DIALOGUE INTERRELIGIEUX ET CONSTRUCTION DE LA PAIX

Tel est le thème du N° 175 de notre revue datée de Septembre 2017.

Résumons-en les points essentiels.

Du 27 au 29 janvier 2016 à  Marrakech plusieurs dizaines de responsables musulmans venus du monde entier s’étaient  réunis pour y élaborer une déclaration sur les « Droits des minorités religieuses dans le monde islamique».

Les thèmes en étaient : « Lutte contre le fanatisme, l’extrémisme et la violence au nom de la religion » mais aussi :  « Liberté et citoyenneté… Diversité et complémentarité ».

Un  an plus tard entre février et avril 2017 s’enchainaient à l‘université Al Azhar du  Caire séminaires et conférences réunissant des représentants de l’islam sunnite et chiite ainsi que des représentants du Vatican.

Nous avons évoqué dans notre N° 173 de mars 1973 la seconde de ces réunions, en citant notamment des extraits importants de la « Déclaration finale » de la conférence « Liberté et citoyenneté » intitulée : « Tous les citoyens sont égaux dans l’islam ».

On notera les avancées entre ces deux dates : des « Droits des minorités religieuses dans le monde islamique » à : « Tous les citoyens sont égaux dans l’islam » le progrès est évident.

A cet égard, nous avons jugé intéressant de porter à la connaissance de nos lecteurs un article paru dans le journal francophone libanais « L’Orient le Jour » dont le titre : « Réforme de l’Islam en marche au Caire »  est significatif de l’impact de ces réunions. Citons-en cet extrait du 5 mars 2017:

« Al Azhar avait rassemblé les représentants de douze Églises du monde arabe, du patriarche Sako des chaldéens à l’évêque luthérien de Jérusalem, Younan Mounib (président de la Fédération luthérienne mondiale), ce qui est indicatif de sa volonté de reconnaître la richesse et la légitimité de cette diversité…. marquant d’un gros trait rouge la volonté de rapprochement entre sunnites et chiites. Placée très haut, la barre a fait sensation au congrès »

Ces réunions du Caire sont en fait l’aboutissement d’un très long processus de dialogue entre le monde chrétien et musulman noué depuis les années 90 et auquel – nous nous permettons de le souligner – notre ami Aly Elsamman prit une part importante.

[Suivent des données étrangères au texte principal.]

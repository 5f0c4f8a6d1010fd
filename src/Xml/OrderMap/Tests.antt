-- ===== src/Xml/OrderMap/Tests.antt =====
-- Examples of xml/order-map.ts, with an insertion sort for the host's.
use Prim.Native.Nat.{Ordering}
use ksef_client_ts.Base.{
  ℕ, ◌≡◌, refl, ◌∙◌, arith, true, false, ◌&&◌, ◌||◌, Option, none, some, List, [], ◌∷◌, String, ◌+◌,
  ◌-◌, ◌*◌, ◌/◌, ◌%◌, ltb, leb, str_eq, eq_iff, if◌then◌else◌,
}
use ksef_client_ts.Xml.{
  XmlFields, array, object, item, no_items, text, undefined, no_fields, field, entries,
}
use ksef_client_ts.Base.Dict.{get}
use ksef_client_ts.Xml.OrderMap.{
  Host, has, compare_p_key, normalize, normalize_fields, order_xml_object,
}
use ksef_client_ts.Xml.OrderMap.Reorder.{unnamed, get-order_xml_object}
use ksef_client_ts.Xml.OrderMap.Order.{nodup, order-order_xml_object}

abbrev insert : (String → String → Ordering) → String → List String → List String
insert c x [] = x ∷ []
insert c x (y ∷ ys) =
    let rest = insert c x ys in elim (c x y) [ Ordering.gt ↦ y ∷ rest | _ ↦ x ∷ y ∷ ys ]

abbrev insertion_sort : (String → String → Ordering) → List String → List String
insertion_sort c [] = []
insertion_sort c (x ∷ xs) = insert c x (insertion_sort c xs)

has-insert :
    (c : String → String → Ordering) (x : String) (ys : List String) (k : String)
    → has k (insert c x ys) ≡ (str_eq k x || has k ys)
has-insert c x [] k = refl
has-insert c x (y ∷ ys) k = ground (arith, has-insert c x ys k)

has-insertion_sort :
    (c : String → String → Ordering) (keys : List String) (k : String)
    → has k (insertion_sort c keys) ≡ has k keys
has-insertion_sort c [] k = refl
has-insertion_sort c (x ∷ xs) k =
    ground (arith, has-insert c x (insertion_sort c xs) k, has-insertion_sort c xs k)

nodup-insert :
    (c : String → String → Ordering) (x : String) (ys : List String)
    → has x ys ≡ false
    → nodup ys ≡ true
    → nodup (insert c x ys) ≡ true
nodup-insert c x [] apart h = refl
nodup-insert c x (y ∷ ys) apart h =
    ground (arith, eq_iff x y, eq_iff y x, has-insert c x ys y, nodup-insert c x ys)

nodup-insertion_sort :
    (c : String → String → Ordering) (keys : List String)
    → nodup keys ≡ true
    → nodup (insertion_sort c keys) ≡ true
nodup-insertion_sort c [] h = refl
nodup-insertion_sort c (x ∷ xs) h =
    nodup-insert c x (insertion_sort c xs) (has-insertion_sort c xs x ∙ ground arith)
      (nodup-insertion_sort c xs (ground arith))

-- `Number` on digits, and `String` of a number below 100
abbrev digits : List ℕ → ℕ → Option ℕ
digits [] n = some n
digits (d ∷ ds) n =
    let rest = digits ds (n * 10 + (d - b'0')) in if leb b'0' d && leb d b'9' then rest else none

abbrev host : Host
host = record {
  number_of = λ s. digits s 0;
  text_of = λ n. if ltb n 10 then (n + b'0') ∷ [] else (n / 10 + b'0') ∷ (n % 10 + b'0') ∷ [];
  sort = insertion_sort;
}

abbrev rows : XmlFields
rows = field "P_10" (text "b") (
    field "Uwagi" (text "c")
      (field "P_2" (text "a") (field "P_3" undefined (field "NrWierszaFa" (text "1") no_fields))))

-- An invoice with rows and a row of its own.
abbrev invoice : XmlFields
invoice =
    field "FaWiersz" (array (item (object rows) (item (text "d") no_items)))
      (field "Uwagi" undefined no_fields)

get-order_xml_object_example :
    get "FaWiersz" (entries (order_xml_object host (some "Fa") invoice))
    ≡ some (
        array
          (item (object (order_xml_object host (some "FaWiersz") rows)) (item (text "d") no_items)))
unfolding get unnamed
get-order_xml_object_example =
    get-order_xml_object host has-insertion_sort (some "Fa") invoice "FaWiersz"

order-order_xml_object_example :
    order_xml_object host none rows
    ≡ field "P_2" (text "a") (
        field "P_10"
          (text "b")
          (field "Uwagi" (text "c") (field "NrWierszaFa" (text "1") no_fields)))
unfolding get compare_p_key normalize normalize_fields
order-order_xml_object_example =
    order-order_xml_object host has-insertion_sort nodup-insertion_sort none rows
      (refl, (refl, (refl, (refl, (refl, tt)))))

-- The comparator has a cycle, on names of elements that the invoices have.
compare_p_key_first : compare_p_key host "P_2" "P_10" ≡ Ordering.lt
unfolding compare_p_key normalize
compare_p_key_first = refl

compare_p_key_second : compare_p_key host "P_10" "P_1M" ≡ Ordering.lt
unfolding compare_p_key normalize
compare_p_key_second = refl

compare_p_key_third : compare_p_key host "P_1M" "P_2" ≡ Ordering.lt
unfolding compare_p_key normalize
compare_p_key_third = refl
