-- ===== src/Fixtures.antt =====
-- Concrete instances of the packages that the crates call, for the examples: maps of headers,
-- families of counters, and `f64` on whole numbers.
use grpc_quic_rs.Common.{
  ℕ, ◌+◌, ◌-◌, ◌*◌, ◌%◌, ◌^◌, min, String, List, Bytes, ◌≡◌, ◌≢◌, refl, update, update_self,
  update_other, bytes_discrete, [], ◌∷◌, texts_discrete, u64_mod, ℤ, pos, negsuc, arith, ap,
}
use grpc_quic_rs.Core.Http.{HeaderMap, header_name, first}
use grpc_quic_rs.Metrics.{CounterVec}
use grpc_quic_rs.Client.Retry.{Float}

abbrev pub text_headers : HeaderMap
text_headers = record {
  H = Bytes → List Bytes;
  new = λ name. [];
  get = λ h text. first (h (header_name text));
  get_all = λ h name. h name;
  insert = λ h text v. update bytes_discrete h (header_name text) (v ∷ []);
  get-first = λ h text. refl;
  get_all-insert_self = λ h text v. update_self bytes_discrete h (header_name text) (v ∷ []);
  get_all-insert_other =
      λ h text other v ne. update_other bytes_discrete h (header_name text) (v ∷ []) other ne;
}

inc : (List String → ℕ) → List String → ℕ → List String → ℕ
inc v labels n = update texts_discrete v labels (v labels + n)

inc_self :
    (v : List String → ℕ) (labels : List String) (n : ℕ)
    → inc v labels n labels % u64_mod ≡ (v labels % u64_mod + n) % u64_mod
unfolding inc
inc_self v labels n = omega (arith, update_self texts_discrete v labels (v labels + n))

inc_other :
    (v : List String → ℕ) (labels others : List String) (n : ℕ)
    → labels ≢ others
    → inc v labels n others % u64_mod ≡ v others % u64_mod
unfolding inc
inc_other v labels others n ne =
    ap (λ (k : ℕ). k % u64_mod) (update_other texts_discrete v labels (v labels + n) others ne)

pub counters : CounterVec
counters = record {
  V = List String → ℕ;
  fresh = λ labels. 0;
  value = λ v labels. v labels % u64_mod;
  inc_by = inc;
  value-lt = λ v labels. omega arith;
  value-fresh = λ labels. refl;
  value-inc_by_self = inc_self;
  value-inc_by_other = inc_other;
}

abbrev powi : ℕ → ℤ → ℕ
powi b (pos n) = b ^ n
powi b (negsuc n) = 0

abbrev pub whole_floats : Float
whole_floats = record {
  F = ℕ;
  two = 2;
  of_u128 = λ n. n;
  mul = λ a b. a * b;
  powi = powi;
  to_u64 = λ n. min n (u64_mod - 1);
}
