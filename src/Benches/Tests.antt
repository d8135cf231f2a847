-- ===== src/Benches/Tests.antt =====
-- Examples of the benchmarks (crates/grpc-quic-benches): a histogram is the list of its values.
mod Groups
use grpc_quic_rs.Common.{
  ℕ, ◌+◌, ◌*◌, ◌/◌, ◌-◌, min, true, String, List, [], ◌∷◌, All, map, none, some, Result, ok, ◌≡◌,
  refl, u64_mod, arith, from_micros,
}
use grpc_quic_rs.Fixtures.{whole_floats}
use grpc_quic_rs.Transport.Tls.{Rustls, ServerConfig, ClientConfig, TlsConfig, server, client, h3}
use grpc_quic_rs.Transport.Endpoint
use grpc_quic_rs.Transport.Endpoint.{Quinn}
use grpc_quic_rs.Client.Channel.{Addresses}
use grpc_quic_rs.Client.Pool
use grpc_quic_rs.Client.Retry
use grpc_quic_rs.Server.Builder
use grpc_quic_rs.Benches.{concurrency}
use grpc_quic_rs.Benches.Latency.{Histograms}
use grpc_quic_rs.Benches.Report.{Doubles, Host}
use grpc_quic_rs.Benches.Setup.{
  make_tls_configs, setup_servers, make_quic_client, BenchServers, Task, quic_task, tcp_task, Tcp,
  quic_oneshot, tcp_oneshot,
}
use grpc_quic_rs.Benches.Setup.Connects.{Running, Trusted, setup_connects}
use grpc_quic_rs.Benches.Rounds.{Rounds}
use grpc_quic_rs.Benches.Loss.{Done, sections}
use grpc_quic_rs.Benches.Loss.Run.{Files, sections_lem}
use grpc_quic_rs.Benches.Report.{Disk, directory, file, save_json_or_panic}
use grpc_quic_rs.Benches.Loss.Reports.{own}

abbrev doubles : Doubles
doubles = record {
  F = ℕ;
  of_u64 = λ n. n;
  div = λ a b. a / b;
  mul = λ a b. a * b;
  gt = λ a b. true;
}

new_len : (h : List ℕ × ℕ) → ◌≡◌ {A = Result (List ℕ × ℕ) (Unit {0})} (ok ([], 0)) (ok h) → h.1 ≡ 0
new_len h e = cc

value_len :
    (h k : List ℕ × ℕ) (v : ℕ)
    → ◌≡◌ {A = Result (List ℕ × ℕ) (Unit {0})} (ok (v ∷ h.0, min (h.1 + 1) (u64_mod - 1))) (ok k)
    → k.1 ≡ min (h.1 + 1) (u64_mod - 1)
value_len h k v e = cc

-- The values and their count.
abbrev histograms : Histograms ℕ
histograms = record {
  Histogram = List ℕ × ℕ;
  E = Unit {0};
  new = ok ([], 0);
  record_value = λ h v. ok (v ∷ h.0, min (h.1 + 1) (u64_mod - 1));
  value_at_percentile = λ h p. 7;
  mean = λ h. 7;
  lowest = λ h. 7;
  highest = λ h. 7;
  len = λ h. h.1;
  len-new = new_len;
  len-record_value = value_len;
}

abbrev host : Host
host = record { github_sha = some "abc"; git = none; from_utf8 = λ b. none; trim = λ s. s }

abbrev disk : Disk ℕ
disk = record {
  Location = String;
  E = String;
  manifest_dir = "/repo/crates/benches";
  parent = λ p. some "/repo";
  join = λ p name. name;
  display = λ p. p;
  to_string_pretty = λ reports. ok "[]";
  create_dir_all = λ p. ok tt;
  write = λ p text. ok tt;
}

abbrev config : ServerConfig ℕ
config = record { rest = 5; alpn_protocols = []; max_early_data_size = 0 }

abbrev rustls : Rustls
rustls = record {
  X = ℕ;
  Y = ℕ;
  Cert = ℕ;
  Key = ℕ;
  Roots = ℕ;
  Verifier = ℕ;
  E = String;
  display = λ e. e;
  Builder = ℕ;
  server_builder = ok 0;
  with_single_cert = λ b certs key. ok config;
  with_root_certificates = λ roots. record { rest = roots; alpn_protocols = [] };
  with_custom_certificate_verifier = λ v. record { rest = 1; alpn_protocols = [] };
  webpki_roots = 0;
  generate_simple_self_signed = λ names. ok (1, 2);
}

abbrev client_builder : Result (ℕ → ClientConfig ℕ) String
client_builder = ok (λ roots. record { rest = roots; alpn_protocols = [] })

abbrev trust : ℕ → Result ℕ String
trust cert = ok cert

abbrev client_tls : TlsConfig ℕ ℕ
client_tls = client (record { rest = 1; alpn_protocols = h3 })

Il faut comprendre également qu’en réunissant au sein de la prestigieuse université sunnite Al Azhar des représentants de l’islam chiite, les déclarations du Caire ont une portée considérable.

Le point d‘orgue de ces très importants rassemblements fut la venue du Pape François le 28 avril au Caire.[1]

Il est intervenu une première fois à l’université Al Azhar au terme d’une « Conférence internationale sur la paix » sur le rôle fondamental du dialogue dans la recherche de la paix, que nous publions dans ce N°.

Il y dit notamment : «Trois orientations fondamentales, si elles sont bien conjuguées, peuvent aider le dialogue : le devoir de l’identité, le courage de l’altérité et la sincérité des intentions ». Ce propos sur le « courage de l’altérité » implique évidemment, non seulement de respecter la croyance de l’autre, mais plus encore de ne pas dénigrer les textes qui fondent sa foi, de ne pas les remettre en question. Or il arrive trop souvent que dans le dialogue interreligieux, certains tiennent un langage de façade, fait de bons sentiments ; alors que sortis du domaine de l’interreligieux les mêmes tiennent un tout autre langage  contestant à l’Autre sa vérité et mettant en doute sa bonne foi. Ce double langage est évidemment incompatible avec un dialogue interreligieux fécond.

Le Pape est intervenu ensuite devant le Président et les autorités égyptiennes pour souligner les efforts à déployer de la part des autorités civiles et des croyants de toutes les religions pour contribuer à restaurer la paix dans tout le Proche-Orient, en soulignant le rôle éminent de l’Egypte dans cet effort. Nous reproduisons l’intégralité de ce texte qui contient in fine cette phrase :

La paix est un don de Dieu mais elle est aussi un travail de l’homme. C’est un bien à construire et à protéger, dans le respect du principe qui affirme la force de la loi et non la loi de la force…. Paix à ce pays bien-aimé ! Paix à toute cette région, en particulier à la Palestine et à Israël, à la Syrie, à la Libye, au Yémen, à l’Irak, et au Soudan du Sud; paix à tous les hommes de bonne volonté !

Edmond Lisle
Président

[1] Nous tenons à remercier ici très vivement Madame Anita Bourdin de l’Agence Zenit du Vatican de nous avoir communiqué ces textes.